Jack’s room was above the library, a long climb up several staircases. There was a small courtyard and a skylight for the library, raised like a wishing well. David tripped on a loose flagstone and the bottle of cava he was carrying smashed in the bag when he fell. He apologised anxiously, he said that he thought he might be a little drunk and suggested that if they were quick they could filter the drink from the bag into some sort of container. He was on his knees using his hands awkwardly to cover the holes that the broken glass had torn in the bag. The drink was draining away as if being tipped from a watering can.
Jolyon motioned to Jack and Jack helped David to his feet. ‘Don’t worry about it, David,’ said Jack. ‘It wasn’t your fault.’
‘My jeans are soaked through,’ said David. ‘I should go back to my room and change.’
‘No, I’ll lend you a pair of trousers,’ said Jack. ‘The others will wait outside. We’ll go into my room and you can change there.’

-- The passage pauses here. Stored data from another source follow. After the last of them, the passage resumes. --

-- ===== src/Holder/LinkedList/Removed.antt =====
-- What `remove` of array_linked_list.rs does to the list of cells.
use persia.Base.{
  ℕ, suc, ◌-◌, ◌<◌, ◌≡◌, refl, sym, ap, subst, ◌∙◌, ◌≢◌, ◌⊎◌, inl, inr, Bool-cases, true, false,
  Option, none, some, List, ◌∷◌, ◌++◌, arith, ◌==◌, ==_iff, if◌then◌else◌, length, length-append,
  length-set, lt-length_of_some, set, ok, elem, u32_size, u32_add, usize_sub, u32_add_lem,
  usize_sub_lem,
}
use persia.Holder.LinkedList.{
  LinkedListNode, ArrayLinkedList, node, deleted, at, with_next, with_prev, connect_indices,
}
use persia.Holder.LinkedList.Remove.{remove}
use persia.Holder.LinkedList.Chain.{
  Cells, slot, first_or, last_or, has, Distinct, Seg, Seg-append, Seg-front, Seg-back, occupied,
  has_head,
}
use persia.Holder.LinkedList.Slots.{
  vacant, relink, slot-set, slot-relink-some, length-relink, frame_free,
}
use persia.Holder.LinkedList.Links.{
  Live, set_next_of_prev-relink, set_prev_of_next-relink, set_prev_of_free-relink,
  vacant-relink_next, vacant-relink_prev, last-Live, first-Live, frame_next, frame_prev,
  Distinct-append, Distinct-split, last_nonzero, first_nonzero, first_apart, last_apart,
  occupied_not_free, head_apart, flip_ne, positive_slot,
}
use persia.Holder.LinkedList.Invariant.{Repr}
use persia.Holder.LinkedList.Unlinked.{
  unlinked, unlinked_front, unlinked_back, unlinked_here, Live-set, Live-relink_prev, first_join,
  last_join, free_slot,
}

module _ {A : Type 0} (l : ArrayLinkedList A) (k : ℕ) (v : A) (ys zs : Cells A) (free : List ℕ)
    (r : Repr l (ys ++ (suc k, v) ∷ zs) free) where
  pub pred_suc : suc k - 1 ≡ k
  pred_suc = omega arith

  pub here : slot l.elements (suc k) ≡ some (node (last_or 0 ys) (first_or 0 zs) v)
  here = (Seg-back l.elements 0 ys ((suc k, v) ∷ zs) 0 r.chain).0

  pub front_chain : Seg l.elements 0 ys (suc k)
  front_chain = Seg-front l.elements 0 ys ((suc k, v) ∷ zs) 0 r.chain

  pub back_chain : Seg l.elements (suc k) zs 0
  back_chain = (Seg-back l.elements 0 ys ((suc k, v) ∷ zs) 0 r.chain).1

  front-Distinct : Distinct ys
  front-Distinct = (Distinct-split ys ((suc k, v) ∷ zs) r.distinct).0

  pub back-Distinct : (has (suc k) zs ≡ false) × Distinct zs
  back-Distinct = (Distinct-split ys ((suc k, v) ∷ zs) r.distinct).1

  parts_apart : (j : ℕ) → has j ys ≡ true → has j ((suc k, v) ∷ zs) ≡ false
  parts_apart = (Distinct-split ys ((suc k, v) ∷ zs) r.distinct).2

  not_in_front : has (suc k) ys ≡ false
  not_in_front = elim (Bool-cases (has (suc k) ys)) [
    | inl h ↦ cc (sym (has_head (suc k, v) zs) ∙ parts_apart (suc k) h)
    | inr h ↦ h
  ]

  nonzero : (suc k == 0) ≡ false
  nonzero = ground arith

  front_apart : (j : ℕ) → has j ys ≡ true → ((suc k == j) ≡ false) × (has j zs ≡ false)
  front_apart j h = apart_cell j (parts_apart j h)
    where
      apart_cell :
          (j : ℕ) → has j ((suc k, v) ∷ zs) ≡ false → ((suc k == j) ≡ false) × (has j zs ≡ false)
      apart_cell j h = ground arith

  pub back_apart : (j : ℕ) → has j zs ≡ true → ((suc k == j) ≡ false) × (has j ys ≡ false)
  back_apart j h = (
    elim (Bool-cases (suc k == j)) [
      | inl e ↦ cc (sym h ∙ subst (λ i. has i zs ≡ false) ((==_iff (suc k) j).0 e) back-Distinct.0)
      | inr e ↦ e
    ],
    elim (Bool-cases (has j ys)) [ inl e ↦ cc (sym h ∙ (front_apart j e).1) | inr e ↦ e ],
  )

  pub free_apart :
      (j : ℕ) (n : LinkedListNode A)
      → slot l.elements j ≡ some n
      → n.item ≢ none
      → (l.free_index == j) ≡ false
  free_apart j n e live =
      subst (λ i. (i == j) ≡ false) (sym r.free_first)
        (head_apart free j (occupied_not_free l.elements free j n r.free_chain e live)
          (positive_slot l.elements j n e).1)

  pub live_item :
      (xs : Cells A) (p q j : ℕ) (n : LinkedListNode A)
      → Seg l.elements p xs q
      → has j xs ≡ true
      → slot l.elements j ≡ some n
      → n.item ≢ none
  live_item xs p q j n s h e =
      let (m, e', live) = occupied l.elements p xs q j s h in
      let same : some n ≡ some m = sym e ∙ e' in λ z. live (sym (ap (λ o. item_of o) same) ∙ z)
    where
      item_of : Option (LinkedListNode A) → Option A
      item_of none = none
      item_of (some n) = n.item

  abbrev after : List (LinkedListNode A)
  after = unlinked l.elements (suc k) (last_or 0 ys) (first_or 0 zs) l.free_index

  after_chain : Seg after 0 (ys ++ zs) 0
  after_chain =
      Seg-append after 0 ys zs 0
        (frame_next l.elements after 0 ys (suc k) (first_or 0 zs) front-Distinct
          (λ j n h e.
            unlinked_front l.elements (suc k) (last_or 0 ys) (first_or 0 zs) l.free_index _ here j n
              (front_apart j h).0 (free_apart j n e (live_item ys 0 (suc k) j n front_chain h e))
              (first_apart zs j (front_apart j h).1 (positive_slot l.elements j n e).1) e)
          front_chain)
        (frame_prev l.elements after (suc k) (last_or 0 ys) zs 0 back-Distinct.1
          (λ j n h e.
            unlinked_back l.elements (suc k) (last_or 0 ys) (first_or 0 zs) l.free_index _ here j n
              (back_apart j h).0 (free_apart j n e (live_item zs (suc k) 0 j n back_chain h e))
              (last_apart ys j (back_apart j h).1 (positive_slot l.elements j n e).1) e)
          back_chain)

  at_here : slot after (suc k) ≡ some (deleted l.free_index)
  at_here =
      unlinked_here l.elements (suc k) (last_or 0 ys) (first_or 0 zs) l.free_index _ here
        (free_apart (suc k) _ here (λ z. cc)) (last_apart ys (suc k) not_in_front nonzero)
        (first_apart zs (suc k) back-Distinct.0 nonzero)

  pub prev-Live : Live (set l.elements k (deleted l.free_index)) (first_or 0 zs)
  prev-Live =
      subst (λ i. Live (set l.elements i (deleted l.free_index)) (first_or 0 zs)) pred_suc
        (Live-set l.elements (suc k) (last_or 0 ys) (first_or 0 zs) l.free_index _ here
          (first_or 0 zs) (deleted l.free_index)
          (flip_ne (first_or 0 zs) (suc k) (first_apart zs (suc k) back-Distinct.0 nonzero))
          (first-Live l.elements (suc k) zs back_chain))

  next-Live :
      Live
        (relink
          (set l.elements k (deleted l.free_index))
          (first_or 0 zs)
          (with_prev (last_or 0 ys)))
        (last_or 0 ys)
  next-Live =
      Live-relink_prev (set l.elements k (deleted l.free_index)) (first_or 0 zs) (last_or 0 ys)
        (last_or 0 ys)
        (subst (λ i. Live (set l.elements i (deleted l.free_index)) (last_or 0 ys)) pred_suc
          (Live-set l.elements (suc k) (last_or 0 ys) (first_or 0 zs) l.free_index _ here
            (last_or 0 ys) (deleted l.free_index)
            (flip_ne (last_or 0 ys) (suc k) (last_apart ys (suc k) not_in_front nonzero))
            (last-Live l.elements ys (suc k) front_chain)))

  -- The first free slot keeps its place in its chain.
  vacant_kept : (j : ℕ) → (suc k == j) ≡ false → vacant (slot after j) ≡ vacant (slot l.elements j)
  unfolding unlinked
  vacant_kept j other =
      let els1 = set l.elements (suc k - 1) (deleted l.free_index) in
      let els2 = relink els1 (first_or 0 zs) (with_prev (last_or 0 ys)) in
      let els3 = relink els2 (last_or 0 ys) (with_next (first_or 0 zs)) in
      vacant-relink_prev els3 l.free_index (suc k) j
      ∙ vacant-relink_next els2 (last_or 0 ys) (first_or 0 zs) j (
          subst
            (λ i.
              Live
                (relink (set l.elements i (deleted l.free_index)) (first_or 0 zs)
                  (with_prev (last_or 0 ys)))
                (last_or 0 ys))
            (sym pred_suc) next-Live)
      ∙ vacant-relink_prev els1 (first_or 0 zs) (last_or 0 ys) j
      ∙ ap vacant (slot-set l.elements (suc k) j _ (deleted l.free_index) here ∙ rw other refl)

  here_not_free : elem (suc k) free ≡ false
  here_not_free = occupied_not_free l.elements free (suc k) _ r.free_chain here (λ z. cc)

  free_member_apart : (j : ℕ) → elem j free ≡ true → (suc k == j) ≡ false
  free_member_apart j h = elim (Bool-cases (suc k == j)) [
    | inl e ↦ cc (sym h ∙ subst (λ i. elem i free ≡ false) ((==_iff (suc k) j).0 e) here_not_free)
    | inr e ↦ e
  ]

  removed : ArrayLinkedList A
  removed = record {
    count = l.count - 1;
    first_index = if last_or 0 ys == 0 then first_or 0 zs else l.first_index;
    last_index = if first_or 0 zs == 0 then last_or 0 ys else l.last_index;
    free_index = suc k;
    end_index = l.end_index;
    elements = after;
  }

  length-removed : length removed.elements ≡ length l.elements
  unfolding removed unlinked
  length-removed =
      length-relink _ l.free_index (with_prev (suc k))
      ∙ length-relink _ (last_or 0 ys) (with_next (first_or 0 zs))
      ∙ length-relink _ (first_or 0 zs) (with_prev (last_or 0 ys))
      ∙ length-set l.elements (suc k - 1) (deleted l.free_index)

  removed-Repr : Repr removed (ys ++ zs) (suc k ∷ free)
  unfolding removed unlinked
  removed-Repr = record {
    first =
        first_join ys zs (suc k, v) l.first_index r.first
          (λ b xs e.
            last_nonzero l.elements b xs (suc k)
              (subst (λ ws. Seg l.elements 0 ws (suc k)) e front_chain));
    last =
        last_join ys zs (suc k, v) l.last_index r.last
          (λ b xs e.
            first_nonzero l.elements (suc k) b xs 0
              (subst (λ ws. Seg l.elements (suc k) ws 0) e back_chain));
    counted = omega (arith, r.counted, length-append ys zs, length-append ys ((suc k, v) ∷ zs));
    chain = after_chain;
    distinct = Distinct-append ys zs front-Distinct back-Distinct.1 (λ j h. (front_apart j h).1);
    free_first = refl;
    free_chain = (
      ap vacant at_here ∙ ap some r.free_first,
      frame_free l.elements after free (λ j h. vacant_kept j (free_member_apart j h)) r.free_chain,
    );
    free_distinct = (here_not_free, r.free_distinct);
    small = subst (λ n. n < u32_size) (sym length-removed) r.small;
  }

  pub slot_read : at l.elements k ≡ ok (node (last_or 0 ys) (first_or 0 zs) v)
  unfolding at
  slot_read = rw here refl

  index_next : u32_add k 1 ≡ suc k
  index_next =
      u32_add_lem k 1 (omega (arith, lt-length_of_some l.elements k here, r.small)) ∙ omega arith

  pub counted_down : usize_sub l.count 1 ≡ l.count - 1
  counted_down =
      usize_sub_lem l.count 1 (omega (arith, r.counted, length-append ys ((suc k, v) ∷ zs)))

  abbrev mid : List (LinkedListNode A)
  mid =
      relink
        (relink (set l.elements k (deleted l.free_index)) (first_or 0 zs)
          (with_prev (last_or 0 ys)))
        (last_or 0 ys) (with_next (first_or 0 zs))

  mid_free : (l.free_index ≡ 0) ⊎ ((n : LinkedListNode A) × (slot mid l.free_index ≡ some n))
  mid_free = elim (free_slot l.elements free l.free_index r.free_first r.free_chain) [
    | inl e ↦ inl e
    | inr (n, e) ↦
        let f = l.free_index in
        let els1 = set l.elements k (deleted f) in
        let n1 = if first_or 0 zs == f then with_prev (last_or 0 ys) n else n in
        let n2 = if last_or 0 ys == f then with_next (first_or 0 zs) n1 else n1 in
        let e1 : slot els1 f ≡ some n =
          subst (λ i. slot (set l.elements i (deleted f)) f ≡ some n) pred_suc
            (slot-set l.elements (suc k) f _ (deleted f) here
              ∙ rw (flip_ne f (suc k) (free_apart (suc k) _ here (λ z. cc))) e) in
        inr (
          n2,
          slot-relink-some (relink els1 (first_or 0 zs) (with_prev (last_or 0 ys))) (last_or 0 ys)
              (with_next (first_or 0 zs)) f n1
              (slot-relink-some els1 (first_or 0 zs) (with_prev (last_or 0 ys)) f n e1),
        )
  ]

  remove-removed : remove l k ≡ ok (some v, removed)
  unfolding remove removed connect_indices unlinked
  remove-removed =
      let l1 = record l { elements = set l.elements k (deleted l.free_index) } in
      let q = first_or 0 zs in
      let p = last_or 0 ys in
      let l2 = record l1 {
        last_index = if q == 0 then p else l.last_index;
        elements = relink l1.elements q (with_prev p);
      } in
      let l3 = record l2 {
        first_index = if p == 0 then q else l.first_index;
        elements = relink l2.elements p (with_next q);
        count = l.count - 1;
      } in
      rw
        (
          slot_read,
          set_prev_of_next-relink l1 q p prev-Live,
          set_next_of_prev-relink l2 p q next-Live,
          counted_down,
          index_next,
          set_prev_of_free-relink l3 (suc k) mid_free,
        )
        (rw pred_suc refl)

module _ {A : Type 0} where
  -- `remove` of the slot of a cell returns its value, unlinks the cell, leaves the other cells in
  -- their order and their slots, and makes the slot the next free one. The vector keeps its length.
  pub remove-Repr :
      (l : ArrayLinkedList A) (k : ℕ) (v : A) (ys zs : Cells A) (free : List ℕ)
      → Repr l (ys ++ (suc k, v) ∷ zs) free
      → (l' : ArrayLinkedList A) × (remove l k ≡ ok (some v, l'))
        × Repr l' (ys ++ zs) (suc k ∷ free)
        × (length l'.elements ≡ length l.elements)
  remove-Repr l k v ys zs free r = (
    removed l k v ys zs free r,
    remove-removed l k v ys zs free r,
    removed-Repr l k v ys zs free r,
    length-removed l k v ys zs free r,
  )
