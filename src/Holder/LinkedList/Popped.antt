-- ===== src/Holder/LinkedList/Popped.antt =====
-- `pop_front` of array_linked_list.rs: what it returns, and where it leaves the chain of the free
-- slots. `remove` frees the slot at `index` by `free_index = index + 1`; `pop_front` writes
-- `free_index = index`, which names the slot before the one that it freed.
use persia.Base.{
  ℕ, suc, ◌-◌, ◌≡◌, refl, subst, ◌∙◌, ◌⊎◌, inl, inr, false, some, List, [], ◌∷◌, arith, ◌==◌,
  if◌then◌else◌, length, length-set, set, ok,
}
use persia.Holder.LinkedList.{LinkedListNode, ArrayLinkedList, deleted, with_prev}
use persia.Holder.LinkedList.Remove.{pop_front}
use persia.Holder.LinkedList.Chain.{Cells, slot, first_or, last_or, Seg}
use persia.Holder.LinkedList.Slots.{relink, slot-set, slot-relink-some, length-relink}
use persia.Holder.LinkedList.Links.{
  set_prev_of_next-relink, set_prev_of_free-relink, frame_prev, flip_ne, first_nonzero,
}
use persia.Holder.LinkedList.Invariant.{Repr}
use persia.Holder.LinkedList.Unlinked
use persia.Holder.LinkedList.Removed

module _ {A : Type 0} (l : ArrayLinkedList A) (k : ℕ) (v : A) (zs : Cells A) (free : List ℕ)
    (r : Repr l ((suc k, v) ∷ zs) free) where
  abbrev pub cut : List (LinkedListNode A)
  cut = relink (set l.elements k (deleted l.free_index)) (first_or 0 zs) (with_prev 0)

  unfoldable pub popped : ArrayLinkedList A
  popped = record {
    count = l.count - 1;
    first_index = first_or 0 zs;
    last_index = if first_or 0 zs == 0 then 0 else l.last_index;
    free_index = k;
    end_index = l.end_index;
    elements = relink cut l.free_index (with_prev k);
  }

  first_here : l.first_index ≡ suc k
  first_here = r.first

  cut_free : (l.free_index ≡ 0) ⊎ ((n : LinkedListNode A) × (slot cut l.free_index ≡ some n))
  cut_free = elim (Unlinked.free_slot l.elements free l.free_index r.free_first r.free_chain) [
    | inl e ↦ inl e
    | inr (n, e) ↦
        let f = l.free_index in
        let els1 = set l.elements k (deleted f) in
        let here = Removed.here l k v [] zs free r in
        let e1 : slot els1 f ≡ some n =
          subst (λ i. slot (set l.elements i (deleted f)) f ≡ some n)
            (Removed.pred_suc l k v [] zs free r)
            (slot-set l.elements (suc k) f _ (deleted f) here
              ∙ rw
                  (flip_ne f (suc k)
                    (Removed.free_apart l k v [] zs free r (suc k) _ here (λ z. cc)))
                  e) in
        inr (
          (if first_or 0 zs == f then with_prev 0 n else n),
          slot-relink-some els1 (first_or 0 zs) (with_prev 0) f n e1,
        )
  ]

  pub pop_front-popped : pop_front l ≡ ok (some v, popped)
  unfolding pop_front popped
  pop_front-popped =
      let q = first_or 0 zs in
      let l1 = record l {
        first_index = suc k;
        elements = set l.elements k (deleted l.free_index);
      } in
      let l2 = record l1 { last_index = if q == 0 then 0 else l.last_index; elements = cut } in
      let l3 = record l2 { first_index = q; count = l.count - 1 } in
      rw
        (
          first_here,
          nonzero,
          Removed.pred_suc l k v [] zs free r,
          Removed.slot_read l k v [] zs free r,
          set_prev_of_next-relink l1 q 0 (Removed.prev-Live l k v [] zs free r),
          Removed.counted_down l k v [] zs free r,
          set_prev_of_free-relink l3 k cut_free,
        )
        refl
    where
      nonzero : (suc k == 0) ≡ false
      nonzero = ground arith

  pub popped_slot :
      (j : ℕ) (n : LinkedListNode A)
      → (suc k == j) ≡ false
      → (l.free_index == j) ≡ false
      → slot l.elements j ≡ some n
      → slot (relink cut l.free_index (with_prev k)) j
        ≡ some (if j == first_or 0 zs then with_prev 0 n else n)
  popped_slot j n other used e =
      let f = l.free_index in
      let q = first_or 0 zs in
      let els1 = set l.elements k (deleted f) in
      let n1 = if q == j then with_prev 0 n else n in
      let e1 : slot els1 j ≡ some n =
        subst (λ i. slot (set l.elements i (deleted f)) j ≡ some n)
          (Removed.pred_suc l k v [] zs free r)
          (slot-set l.elements (suc k) j _ (deleted f) (Removed.here l k v [] zs free r)
            ∙ rw other e) in
      slot-relink-some cut f (with_prev k) j n1 (slot-relink-some els1 q (with_prev 0) j n e1)
      ∙ Unlinked.kept (with_prev k n1) n1 (f == j) used
      ∙ Unlinked.flipped (with_prev 0) n q j

  -- The cells that are left are a list.
  pub popped_last : (if first_or 0 zs == 0 then 0 else l.last_index) ≡ last_or 0 zs
  popped_last =
      Unlinked.last_join [] zs (suc k, v) l.last_index r.last
        (λ b xs e.
          first_nonzero l.elements (suc k) b xs 0
            (subst (λ ws. Seg l.elements (suc k) ws 0) e r.chain.1))

  pub popped_chain : Seg (relink cut l.free_index (with_prev k)) 0 zs 0
  popped_chain =
      frame_prev l.elements _ (suc k) 0 zs 0 r.distinct.1
        (λ j n h e.
          popped_slot j n (Removed.back_apart l k v [] zs free r j h).0
            (Removed.free_apart l k v [] zs free r j n e
              (Removed.live_item l k v [] zs free r zs (suc k) 0 j n r.chain.1 h e))
            e)
        r.chain.1

module _ {A : Type 0} where
  -- `pop_front` of a list that is not empty returns the first value, and the other cells stay in
  -- their order; `free_index` then holds the index of the freed slot counted from 0.
  pub pop_front-front :
      (l : ArrayLinkedList A) (k : ℕ) (v : A) (zs : Cells A) (free : List ℕ)
      → Repr l ((suc k, v) ∷ zs) free
      → (l' : ArrayLinkedList A) × (pop_front l ≡ ok (some v, l'))
        × (l'.first_index ≡ first_or 0 zs)
        × (l'.last_index ≡ last_or 0 zs)
        × (l'.count ≡ length zs)
        × Seg l'.elements 0 zs 0
        × (l'.free_index ≡ k)
        × (length l'.elements ≡ length l.elements)
  unfolding popped
  pop_front-front l k v zs free r = (
    popped l k v zs free r,
    pop_front-popped l k v zs free r,
    refl,
    popped_last l k v zs free r,
    omega (arith, r.counted),
    popped_chain l k v zs free r,
    refl,
    length-relink _ l.free_index (with_prev k)
        ∙ length-relink _ (first_or 0 zs) (with_prev 0)
        ∙ length-set l.elements k (deleted l.free_index),
  )
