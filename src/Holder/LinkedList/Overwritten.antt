-- ===== src/Holder/LinkedList/Overwritten.antt =====
-- The consequence of the slot that `pop_front` of array_linked_list.rs frees: where the slot before
-- the popped one is in use, the next `push_back` writes over it.
use persia.Base.{
  ℕ, suc, ◌+◌, ◌-◌, ◌≤◌, ◌≡◌, refl, sym, ap, subst, ◌∙◌, ◌≢◌, inl, inr, Bool-cases, Bool, true,
  false, none, some, List, [], ◌∷◌, arith, ◌==◌, ==_self, if◌then◌else◌, set, ok, u32_sub_lem,
}
use persia.Holder.LinkedList.{
  LinkedListNode, ArrayLinkedList, back_node, at, with_next, with_prev, insert_free_element,
}
use persia.Holder.LinkedList.Insert.{push_back}
use persia.Holder.LinkedList.Remove.{pop_front}
use persia.Holder.LinkedList.Read.{index}
use persia.Holder.LinkedList.Chain.{Cells, slot, first_or}
use persia.Holder.LinkedList.Slots.{relink, slot-set, slot-relink-some, at-slot}
use persia.Holder.LinkedList.Links.{Live, set_next_of_prev-relink, last-Live}
use persia.Holder.LinkedList.Invariant.{Repr}
use persia.Holder.LinkedList.Removed
use persia.Holder.LinkedList.Popped.{
  popped, pop_front-popped, popped_slot, popped_last, popped_chain,
}

module _ {A : Type 0} where
  pub index-slot :
      (l : ArrayLinkedList A) (k : ℕ) (n : LinkedListNode A)
      → slot l.elements (suc k) ≡ some n
      → index l k ≡ ok n.item
  unfolding index at
  index-slot l k n e = rw e refl

  item_next :
      (n : LinkedListNode A) (v : ℕ) (b : Bool) → (if b then with_next v n else n).item ≡ n.item
  item_next n v true = refl
  item_next n v false = refl

  item_prev :
      (n : LinkedListNode A) (v : ℕ) (b : Bool) → (if b then with_prev v n else n).item ≡ n.item
  item_prev n v true = refl
  item_prev n v false = refl

  pub slot_of_index :
      (l : ArrayLinkedList A) (k : ℕ) (w : A)
      → index l k ≡ ok (some w)
      → (n : LinkedListNode A) × (slot l.elements (suc k) ≡ some n) × (n.item ≡ some w)
  unfolding index at
  slot_of_index l k w h = ground arith

  -- `push_back` fills the slot that `free_index` names, whatever it holds.
  push_back-recycles :
      (l : ArrayLinkedList A) (k : ℕ) (m : LinkedListNode A) (x : A)
      → l.free_index ≡ suc k
      → slot l.elements (suc k) ≡ some m
      → Live l.elements l.last_index
      → (l' : ArrayLinkedList A) × (push_back l x ≡ ok (k, l')) × (index l' k ≡ ok (some x))
  unfolding push_back insert_free_element
  push_back-recycles l k m x free here live =
      let b = back_node l.last_index x in
      let els = set l.elements (suc k - 1) b in
      let l1 = record l { free_index = m.next_index; elements = els } in
      let new_slot : slot els (suc k) ≡ some b =
        slot-set l.elements (suc k) (suc k) m b here ∙ rw ==_self refl in
      let l2 = record l1 {
        first_index = if l.last_index == 0 then suc k else l.first_index;
        last_index = suc k;
        count = l.count + 1;
        elements = relink els l.last_index (with_next (suc k));
      } in
      (
        l2,
        rw
            (
              free,
              nonzero,
              at-slot l.elements (suc k) m here,
              set_next_of_prev-relink l1 l.last_index (suc k)
                  (live_after l.last_index l.last_index live),
              u32_sub_lem (suc k) 1 one_le,
              pred_suc,
            )
            refl,
        index-slot l2 k _ (slot-relink-some els l.last_index (with_next (suc k)) (suc k) b new_slot)
            ∙ ap ok (item_next b (suc k) (l.last_index == suc k)),
      )
    where
      nonzero : (suc k == 0) ≡ false
      nonzero = ground arith

      one_le : 1 ≤ suc k
      one_le = omega arith

      pred_suc : suc k - 1 ≡ k
      pred_suc = omega arith

      live_after :
          (p q : ℕ) → Live l.elements p → Live (set l.elements (suc k - 1) (back_node q x)) p
      live_after p q (inl e) = inl e
      live_after p q (inr (n, e, live)) =
          let b = back_node q x in
          elim (Bool-cases (suc k == p)) [
            | inl h ↦ inr (b, slot-set l.elements (suc k) p m b here ∙ rw h refl, λ z. cc)
            | inr h ↦ inr (n, slot-set l.elements (suc k) p m b here ∙ rw h e, live)
          ]

  -- Where the slot just before the first cell's is occupied, `pop_front` leaves its value in place,
  -- and the next `push_back` returns its index and replaces the value there by the new one.
  pub pop_front-push_back_overwrites :
      (l : ArrayLinkedList A) (k : ℕ) (v w x : A) (zs : Cells A) (free : List ℕ)
      → Repr l ((suc (suc k), v) ∷ zs) free
      → index l k ≡ ok (some w)
      → (l' l'' : ArrayLinkedList A) × (pop_front l ≡ ok (some v, l'))
        × (index l' k ≡ ok (some w))
        × (push_back l' x ≡ ok (k, l''))
        × (index l'' k ≡ ok (some x))
  unfolding popped
  pop_front-push_back_overwrites l k v w x zs free r held =
      let (m, here, item) = slot_of_index l k w held in
      let live : m.item ≢ none = λ z. some_ne (sym item ∙ z) in
      let m' = if suc k == first_or 0 zs then with_prev 0 m else m in
      let l' = popped l (suc k) v zs free r in
      let popped_here =
        popped_slot l (suc k) v zs free r (suc k) m (suc_ne k)
          (Removed.free_apart l (suc k) v [] zs free r (suc k) m here live) here in
      let live_end =
        subst (Live l'.elements) (sym (popped_last l (suc k) v zs free r))
          (last-Live l'.elements zs 0 (popped_chain l (suc k) v zs free r)) in
      let (l'', pushed, read) = push_back-recycles l' k m' x refl popped_here live_end in
      (
        l',
        l'',
        pop_front-popped l (suc k) v zs free r,
        index-slot l' k m' popped_here ∙ ap ok (item_prev m 0 (suc k == first_or 0 zs) ∙ item),
        pushed,
        read,
      )
    where
      some_ne : {w : A} → ¬ (some w ≡ none)
      some_ne e = cc

      suc_ne : (k : ℕ) → (suc (suc k) == suc k) ≡ false
      suc_ne k = ground arith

‘Only if you’re sure I’ll be quite safe alone with you and my trousers down, Jack,’ said David.
Jack clenched his teeth. ‘You’re incorrigible, David,’ he said.
David winked. ‘Oh, but you have no idea, Jack,’ he said.
L(iv) David was in a fresh pair of jeans and had been offered the room’s only armchair. Jolyon mixed drinks in the plastic cups they had bought and apologised to David for Jack’s disgraceful lack of glassware.
Tallest refused the offer of a drink and took the chair next to Jack’s desk. He sat there in silence for almost three hours. The rest of them settled on the floor with their drinks, or on top of Jack’s bed, and the night chatter started. They spoke about bullies they had known at school, Noam Chomsky’s opposition to the Gulf War, The Female Eunuch, anorexia versus bulimia, football, The Selfish Gene, British seaside holidays, Orwell, early twentieth-century imperialism . . . And then at two in the morning, Kirs finished and several joints having circled the room, Jolyon initiated the final stage.
The armchair in which David was sitting was next to Jack’s bookcase. Jolyon and Dee acted out a short debate over the meaning of the word metonymy and then Jolyon pointed to the bookcase. A thick red copy of The Chambers Dictionary was on the top shelf, at the bottom of a pile of history textbooks.